Research data may not be copyrightable in the U.S. However, certain intellectual property policies and licenses may inform how you and others can share and use data. Addressing copyright and selecting the right license are important data management practices that ensure your shared data is being used as intended and you are being properly attributed for its creation. By proactively applying a clear license, you empower the research community to use your work confidently, increasing the impact of your efforts and upholding the principles of open science.
A license is a legal document that specifies what others are permitted to do with your data. By applying a clear license, you remove ambiguity and encourage proper reuse. The best practice for academic data is to use an open, standardized license.
Creative Commons (CC) licenses are the global standard for sharing academic and creative works, including datasets.
License | What it Means | Best For |
---|---|---|
CC0 (Public Domain Dedication) | No Rights Reserved. Anyone can use, modify, and distribute the data for any purpose without restriction. You waive all your copyright claims. | Maximizing the reuse and interoperability of factual data. This is a highly recommended standard in the open science community. |
CC BY (Attribution) | Give Credit. Others can use, share, and adapt your data for any purpose (even commercially), as long as they give you credit (cite you). | The most common license for academic sharing. It ensures you receive credit while allowing for broad reuse. This is the default best choice if you are unsure. |
CC BY-SA (ShareAlike) | Give Credit & Share Alike. Others must credit you and make any derivative works they create available under the same CC BY-SA license. | Promoting a cycle of open sharing, often used in community-driven projects like Wikipedia. |
CC BY-NC (NonCommercial) | Give Credit, No Commercial Use. Restricts reuse to non-commercial purposes only. | Situations where you want to prevent your data from being used in for-profit products. Be aware this can limit valuable reuse by startups or in industry research. |
License to Avoid for Data: The NoDerivatives (ND) license should generally be avoided for datasets, as it prevents others from adapting, remixing, or performing analysis on your data, which is often the primary point of sharing it.

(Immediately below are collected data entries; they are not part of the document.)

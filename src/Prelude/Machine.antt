-- ===== src/Prelude/Machine.antt =====
-- Machines that take one event at a time and put out a list for each; a step is `none` where the
-- machine takes no part in that event.
use mathlib.Core.List.{List, [], ◌∷◌, ◌++◌}
use mathlib.Core.Option.{Option, some}
use mathlib.Core.Path.{◌≡◌}
use irc_idler.Prelude.Maybe.{◌>>=◌, >>=-eq-some}

module _ {S X O : Type 0} (step : S → X → Option (S × List O)) where
  -- A run through a sequence of events, with all that was put out.
  unfoldable pub run : S → List X → Option (S × List O)
  run s [] = some (s, [])
  run s (x ∷ xs) = do (s', sent) ← step s x; (s'', more) ← run s' xs; some (s'', sent ++ more)

  -- A run through a first event is a step and a run behind it.
  pub run-cons :
      (s : S) (x : X) (xs : List X) {s' : S} {out : List O}
      → run s (x ∷ xs) ≡ some (s', out)
      → (s1 : S) × (sent : List O) × (more : List O) × (step s x ≡ some (s1, sent))
        × (run s1 xs ≡ some (s', more))
        × (out ≡ sent ++ more)
  unfolding run
  run-cons s x xs e =
      let ((s1, sent), e1, e2) =
        >>=-eq-some (step s x)
          (λ (p : S × List O).
            let (t, sent) = p in run t xs >>= λ q. let (u, more) = q in some (u, sent ++ more))
          e in
      let ((s2, more), e3, e4) =
        >>=-eq-some (run s1 xs) (λ (q : S × List O). let (u, more) = q in some (u, sent ++ more))
          e2 in
      (s1, sent, more, e1, cc (e3, e4), cc e4)
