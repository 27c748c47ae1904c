-- ===== src/Irc/Filters.antt =====
-- irc/filters/filters.go: `RateLimit` for a positive maximum, one more than `spare`, as a machine
-- that takes one receive at a time. The quota is then never negative.
pub mod Rate
pub mod Pong
pub mod Ping
mod Tests
use irc_idler.Prelude.{
  ℕ, zero, suc, ◌+◌, ◌-◌, List, [], ◌∷◌, ◌++◌, Bool, true, false, Option, none, some, ltb, ◌==◌,
  if◌then◌else◌,
}
use irc_idler.Irc.Message.{Message}
use irc_idler.Prelude.Machine.{run}

-- A receive: of the ticker, of a message, or of the end of the source.
pub data Receive : Type 0 where
  refresh : Receive
  arrive : Message → Receive
  source_closed : Receive

-- Before the `select` with a quota, in the wait for a tick once the quota is used up, or returned.
pub data Limiter : Type 0 where
  selecting : ℕ → Limiter
  waiting : Limiter
  returned : Limiter

module _ (spare : ℕ) where
  abbrev pub max_quota : ℕ
  max_quota = suc spare

  -- `if left > maxQuota { left = maxQuota }`.
  unfoldable pub capped : ℕ → ℕ
  capped left = if ltb max_quota left then max_quota else left

  -- Behind the send of a message.
  unfoldable pub spend : ℕ → Limiter
  spend left = if left - 1 == 0 then waiting else selecting (left - 1)

  -- The next state and what is sent to `dst`; `none` where the code does not receive that.
  unfoldable pub receive : Limiter → Receive → Option (Limiter × List Message)
  unfolding capped spend
  receive (selecting left) refresh = some (selecting (capped left + 1), [])
  receive (selecting left) (arrive m) = some (spend (capped left), m ∷ [])
  receive (selecting left) source_closed = some (returned, [])
  receive waiting refresh = some (selecting 1, [])
  receive waiting (arrive m) = none
  receive waiting source_closed = none
  receive returned r = none

  -- The start: the code begins with the maximum.
  abbrev pub limiter : Limiter
  limiter = selecting max_quota

  -- A run through a sequence of receives, with all that was sent.
  unfoldable pub rate_limit : Limiter → List Receive → Option (Limiter × List Message)
  unfolding receive run
  rate_limit s rs = run receive s rs
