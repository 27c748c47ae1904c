-- ===== src/Irc/Filters/Pong.antt =====
-- irc/filters/filters.go: `AutoPong`, as a machine that takes one communication at a time. The
-- `select` at its head and the one around the send are the states `listening` and `offering`.
pub mod Replies
use irc_idler.Prelude.{
  List, [], ◌∷◌, ◌++◌, Bool, true, false, bytes_eq, Option, none, some, if◌then◌else◌,
}
use irc_idler.Prelude.Machine.{run}
use irc_idler.Irc.Message.{Message}
use irc_idler.Irc.Codes.{cmd_ping, cmd_pong}

-- The channels that a filter sends on.
pub data Dest : Type 0 where
  forward reply : Dest

-- The end of the context, a message on `in`, the end of `in`, or the peer's receive of what is
-- offered to it.
pub data Exchange : Type 0 where
  cancelled : Exchange
  arrive : Message → Exchange
  in_closed : Exchange
  taken : Exchange

-- A receive from the closed `in` gives a nil pointer, whose command the code reads: `panicked`.
pub data Ponger : Type 0 where
  listening : Ponger
  offering : Dest → Message → Ponger
  returned : Ponger
  panicked : Ponger

-- The choice of `dest`, and the new command.
unfoldable pub answered : Message → Dest × Message
answered m =
    if bytes_eq m.command cmd_ping then (reply, record m { command = cmd_pong }) else (forward, m)

-- The next state, and what was sent; `none` where the code does not take part in that.
unfoldable pub pong_step : Ponger → Exchange → Option (Ponger × List (Dest × Message))
unfolding answered
pong_step listening cancelled = some (returned, [])
pong_step listening (arrive m) = let (d, m') = answered m in some (offering d m', [])
pong_step listening in_closed = some (panicked, [])
pong_step listening taken = none
pong_step (offering d m) cancelled = some (returned, [])
pong_step (offering d m) (arrive m') = none
pong_step (offering d m) in_closed = none
pong_step (offering d m) taken = some (listening, (d, m) ∷ [])
pong_step returned x = none
pong_step panicked x = none

-- A run through a sequence of communications, with all that was sent.
unfoldable pub auto_pong : Ponger → List Exchange → Option (Ponger × List (Dest × Message))
unfolding pong_step run
auto_pong s xs = run pong_step s xs
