-- ===== src/Irc/Filters/Ping.antt =====
-- irc/filters/filters.go: `AutoPing`, as a machine that takes one communication at a time. A timer
-- is a `time.Timer` with its channel; `disconnected` has called `disconnect` and returned.
pub mod Quiet
pub mod Forwards
use irc_idler.Prelude.{
  List, [], ◌∷◌, Bool, true, false, bytes, bytes_eq, Option, none, some, if◌then◌else◌,
}
use irc_idler.Prelude.Machine.{run}
use irc_idler.Irc.Message.{Message}
use irc_idler.Irc.Codes.{cmd_ping, cmd_pong}
use irc_idler.Irc.Filters.Pong.{Dest, forward, reply}

-- Still to expire, expired with the time in the channel, or with neither.
pub data Timer : Type 0 where
  running fired spent : Timer

-- The end of the context, a message on `in`, the end of `in`, the peer's receive of what is offered
-- to it, the expiry of the timer, and the receive of the time from its channel.
pub data Signal : Type 0 where
  cancelled : Signal
  arrive : Message → Signal
  in_closed : Signal
  taken : Signal
  expires : Signal
  tick : Signal

-- At the head of the loop with `pingSent`, at the send of a message or of a ping, behind a return,
-- or for ever in the receive from an empty timer channel.
pub data Pinger : Type 0 where
  listening : Bool → Timer → Pinger
  forwarding : Message → Timer → Pinger
  pinging : Pinger
  returned : Pinger
  disconnected : Pinger
  blocked : Pinger
  panicked : Pinger

pub ping_message : Message
ping_message = record { prefix = []; command = cmd_ping; params = bytes "ping" ∷ [] }

-- `if !timer.Stop() { <-timer.C }`, and what follows.
drained : Timer → Pinger → Pinger
drained running s = s
drained fired s = s
drained spent s = blocked

-- Behind the reset of the timer.
unfoldable pub on_message : Message → Pinger
on_message m = if bytes_eq m.command cmd_pong then listening false running else forwarding m running

expired : Timer → Option Timer
expired running = some fired
expired fired = none
expired spent = none

-- The receive of the time.
ticked : Bool → Timer → Option Pinger
ticked true fired = some disconnected
ticked false fired = some pinging
ticked sent running = none
ticked sent spent = none

still : Option Pinger → Option (Pinger × List (Dest × Message))
still none = none
still (some s) = some (s, [])

with_timer : (Timer → Pinger) → Option Timer → Option (Pinger × List (Dest × Message))
with_timer s none = none
with_timer s (some t) = some (s t, [])

-- The next state, and what was sent; `none` where the code does not take part in that.
unfoldable pub ping_step : Pinger → Signal → Option (Pinger × List (Dest × Message))
unfolding drained on_message expired ticked still with_timer
ping_step (listening sent t) cancelled = some (returned, [])
ping_step (listening sent t) (arrive m) = some (drained t (on_message m), [])
ping_step (listening sent t) in_closed = some (drained t panicked, [])
ping_step (listening sent t) taken = none
ping_step (listening sent t) expires = with_timer (listening sent) (expired t)
ping_step (listening sent t) tick = still (ticked sent t)
ping_step (forwarding m t) cancelled = some (returned, [])
ping_step (forwarding m t) (arrive m') = none
ping_step (forwarding m t) in_closed = none
ping_step (forwarding m t) taken = some (listening false t, (forward, m) ∷ [])
ping_step (forwarding m t) expires = with_timer (forwarding m) (expired t)
ping_step (forwarding m t) tick = none
ping_step pinging cancelled = some (returned, [])
ping_step pinging (arrive m) = none
ping_step pinging in_closed = none
ping_step pinging taken = some (listening true running, (reply, ping_message) ∷ [])
ping_step pinging expires = none
ping_step pinging tick = none
ping_step returned x = none
ping_step disconnected x = none
ping_step blocked x = none
ping_step panicked x = none

-- The start: a new timer.
abbrev pub pinger : Pinger
pinger = listening false running

unfoldable pub auto_ping : List Signal → Option (Pinger × List (Dest × Message))
unfolding ping_step run
auto_ping xs = run ping_step pinger xs
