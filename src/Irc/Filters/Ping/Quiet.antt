-- ===== src/Irc/Filters/Ping/Quiet.antt =====
-- How long a peer may be silent before `AutoPing` pings it and before it disconnects.
use irc_idler.Prelude.{
  ℕ, suc, ◌+◌, ◌≤◌, List, [], ◌∷◌, Bool, true, false, some, none, Option, ◌≡◌, arith, refl, sym,
}
use irc_idler.Prelude.Machine.{run, run-cons}
use irc_idler.Irc.Message.{Message}
use irc_idler.Irc.Filters.Pong.{Dest}
use irc_idler.Irc.Filters.Ping.{
  Timer, running, fired, spent, Signal, cancelled, arrive, in_closed, taken, expires, tick, Pinger,
  listening, forwarding, pinging, returned, disconnected, blocked, panicked, ping_step, on_message,
  pinger, auto_ping,
}

-- The expiries of the timer since a message was last received, from `n` of them on.
unfoldable pub quiet : ℕ → List Signal → ℕ
quiet n [] = n
quiet n (cancelled ∷ xs) = quiet n xs
quiet n (arrive m ∷ xs) = quiet 0 xs
quiet n (in_closed ∷ xs) = quiet n xs
quiet n (taken ∷ xs) = quiet n xs
quiet n (expires ∷ xs) = quiet (suc n) xs
quiet n (tick ∷ xs) = quiet n xs

-- The expiries that a state stands for: the one that was answered by a ping, and the one that
-- lies in the timer's channel.
pub answered_by : Bool → ℕ
answered_by true = 1
answered_by false = 0

-- The states that `AutoPing` is in behind `n` quiet expiries.
unfoldable pub FitsTimer : Timer → ℕ → ℕ → Type 0
FitsTimer running k n = n ≡ k
FitsTimer fired k n = n ≡ k + 1
FitsTimer spent k n = ⊥

unfoldable pub Fits : Pinger → ℕ → Type 0
unfolding FitsTimer answered_by
Fits (listening sent t) n = FitsTimer t (answered_by sent) n
Fits (forwarding m t) n = FitsTimer t 0 n
Fits pinging n = n ≡ 1
Fits returned n = n ≤ 2
Fits disconnected n = n ≡ 2
Fits blocked n = ⊥
Fits panicked n = n ≤ 2

FitsResult : Option (Pinger × List (Dest × Message)) → ℕ → Type 0
FitsResult none n = Unit
FitsResult (some (s, sent)) n = Fits s n

-- A message gives the timer a new start.
on_message-Fits : (m : Message) → Fits (on_message m) 0
unfolding Fits on_message
on_message-Fits m = ground arith

step-Fits :
    (s : Pinger) (x : Signal) (n : ℕ) → Fits s n → FitsResult (ping_step s x) (quiet n (x ∷ []))
unfolding Fits FitsResult ping_step quiet
step-Fits (listening true running) cancelled n ok = omega arith
step-Fits (listening true running) (arrive m') n ok = on_message-Fits m'
step-Fits (listening true running) in_closed n ok = omega arith
step-Fits (listening true running) taken n ok = omega arith
step-Fits (listening true running) expires n ok = omega arith
step-Fits (listening true running) tick n ok = omega arith
step-Fits (listening true fired) cancelled n ok = omega arith
step-Fits (listening true fired) (arrive m') n ok = on_message-Fits m'
step-Fits (listening true fired) in_closed n ok = omega arith
step-Fits (listening true fired) taken n ok = omega arith
step-Fits (listening true fired) expires n ok = omega arith
step-Fits (listening true fired) tick n ok = omega arith
step-Fits (listening true spent) cancelled n ok = absurd ok
step-Fits (listening true spent) (arrive m') n ok = absurd ok
step-Fits (listening true spent) in_closed n ok = absurd ok
step-Fits (listening true spent) taken n ok = absurd ok
step-Fits (listening true spent) expires n ok = absurd ok
step-Fits (listening true spent) tick n ok = absurd ok
step-Fits (listening false running) cancelled n ok = omega arith
step-Fits (listening false running) (arrive m') n ok = on_message-Fits m'
step-Fits (listening false running) in_closed n ok = omega arith
step-Fits (listening false running) taken n ok = omega arith
step-Fits (listening false running) expires n ok = omega arith
step-Fits (listening false running) tick n ok = omega arith
step-Fits (listening false fired) cancelled n ok = omega arith
step-Fits (listening false fired) (arrive m') n ok = on_message-Fits m'
step-Fits (listening false fired) in_closed n ok = omega arith
step-Fits (listening false fired) taken n ok = omega arith
step-Fits (listening false fired) expires n ok = omega arith
step-Fits (listening false fired) tick n ok = omega arith
step-Fits (listening false spent) cancelled n ok = absurd ok
step-Fits (listening false spent) (arrive m') n ok = absurd ok
step-Fits (listening false spent) in_closed n ok = absurd ok
step-Fits (listening false spent) taken n ok = absurd ok
step-Fits (listening false spent) expires n ok = absurd ok
step-Fits (listening false spent) tick n ok = absurd ok
step-Fits (forwarding m running) cancelled n ok = omega arith
step-Fits (forwarding m running) (arrive m') n ok = omega arith
step-Fits (forwarding m running) in_closed n ok = omega arith
step-Fits (forwarding m running) taken n ok = omega arith
step-Fits (forwarding m running) expires n ok = omega arith
step-Fits (forwarding m running) tick n ok = omega arith
step-Fits (forwarding m fired) cancelled n ok = omega arith
step-Fits (forwarding m fired) (arrive m') n ok = omega arith
step-Fits (forwarding m fired) in_closed n ok = omega arith
step-Fits (forwarding m fired) taken n ok = omega arith
step-Fits (forwarding m fired) expires n ok = omega arith
step-Fits (forwarding m fired) tick n ok = omega arith
step-Fits (forwarding m spent) cancelled n ok = absurd ok
step-Fits (forwarding m spent) (arrive m') n ok = absurd ok
step-Fits (forwarding m spent) in_closed n ok = absurd ok
step-Fits (forwarding m spent) taken n ok = absurd ok
step-Fits (forwarding m spent) expires n ok = absurd ok
step-Fits (forwarding m spent) tick n ok = absurd ok
step-Fits pinging cancelled n ok = omega arith
step-Fits pinging (arrive m') n ok = omega arith
step-Fits pinging in_closed n ok = omega arith
step-Fits pinging taken n ok = omega arith
step-Fits pinging expires n ok = omega arith
step-Fits pinging tick n ok = omega arith
step-Fits returned x n ok = tt
step-Fits disconnected x n ok = tt
step-Fits panicked x n ok = tt
step-Fits blocked x n ok = absurd ok

pub ping_step-Fits :
    (s : Pinger) (x : Signal) (n : ℕ) {s' : Pinger} {sent : List (Dest × Message)}
    → Fits s n
    → ping_step s x ≡ some (s', sent)
    → Fits s' (quiet n (x ∷ []))
unfolding FitsResult
ping_step-Fits s x n ok e = rw e at (step-Fits s x n ok)

quiet-cons :
    (n : ℕ) (x : Signal) (xs : List Signal) → quiet n (x ∷ xs) ≡ quiet (quiet n (x ∷ [])) xs
unfolding quiet
quiet-cons n cancelled xs = refl
quiet-cons n (arrive m) xs = refl
quiet-cons n in_closed xs = refl
quiet-cons n taken xs = refl
quiet-cons n expires xs = refl
quiet-cons n tick xs = refl

run-Fits :
    (s : Pinger) (xs : List Signal) (n : ℕ) {s' : Pinger} {sent : List (Dest × Message)}
    → Fits s n
    → run ping_step s xs ≡ some (s', sent)
    → Fits s' (quiet n xs)
unfolding run
run-Fits s [] n {s'} ok e = unfold quiet in let same : s ≡ s' = cc e in rw (sym same) ok
run-Fits s (x ∷ xs) n ok e =
    let (s1, sent1, more, e1, e3, whole) = run-cons ping_step s x xs e in
    rw (quiet-cons n x xs) (run-Fits s1 xs (quiet n (x ∷ [])) (ping_step-Fits s x n ok e1) e3)

-- Behind any run, the expiries of AutoPing's timer since the last message are at most two, and as
-- many as its state shows: waiting, one for a ping that was sent and one for an expiry not yet
-- received; sending its ping, one; behind disconnect, two. It never waits for ever in the receive
-- that follows a failed Stop.
pub auto_ping-Fits :
    (xs : List Signal) {s : Pinger} {sent : List (Dest × Message)}
    → auto_ping xs ≡ some (s, sent)
    → Fits s (quiet 0 xs)
unfolding auto_ping Fits
auto_ping-Fits xs e = run-Fits pinger xs 0 (omega arith) e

You apply a license at the point of sharing or publication.
Prepare Your Data and Documentation: Finalize your dataset and create a README.txt file. This is the perfect place to state the license you've chosen.
Your license is also applied when you deposit your data in a repository.
Deposit Data in a Repository: Choose a repository that supports long-term access and formal metadata, as this is where you will officially select your license. You are required to choose a license before you can complete your submission and receive a DOI.
The Repository Applies the License: Once you've selected a license in the repository's interface, it will be displayed on the landing page for your dataset, clearly informing users of the terms of use.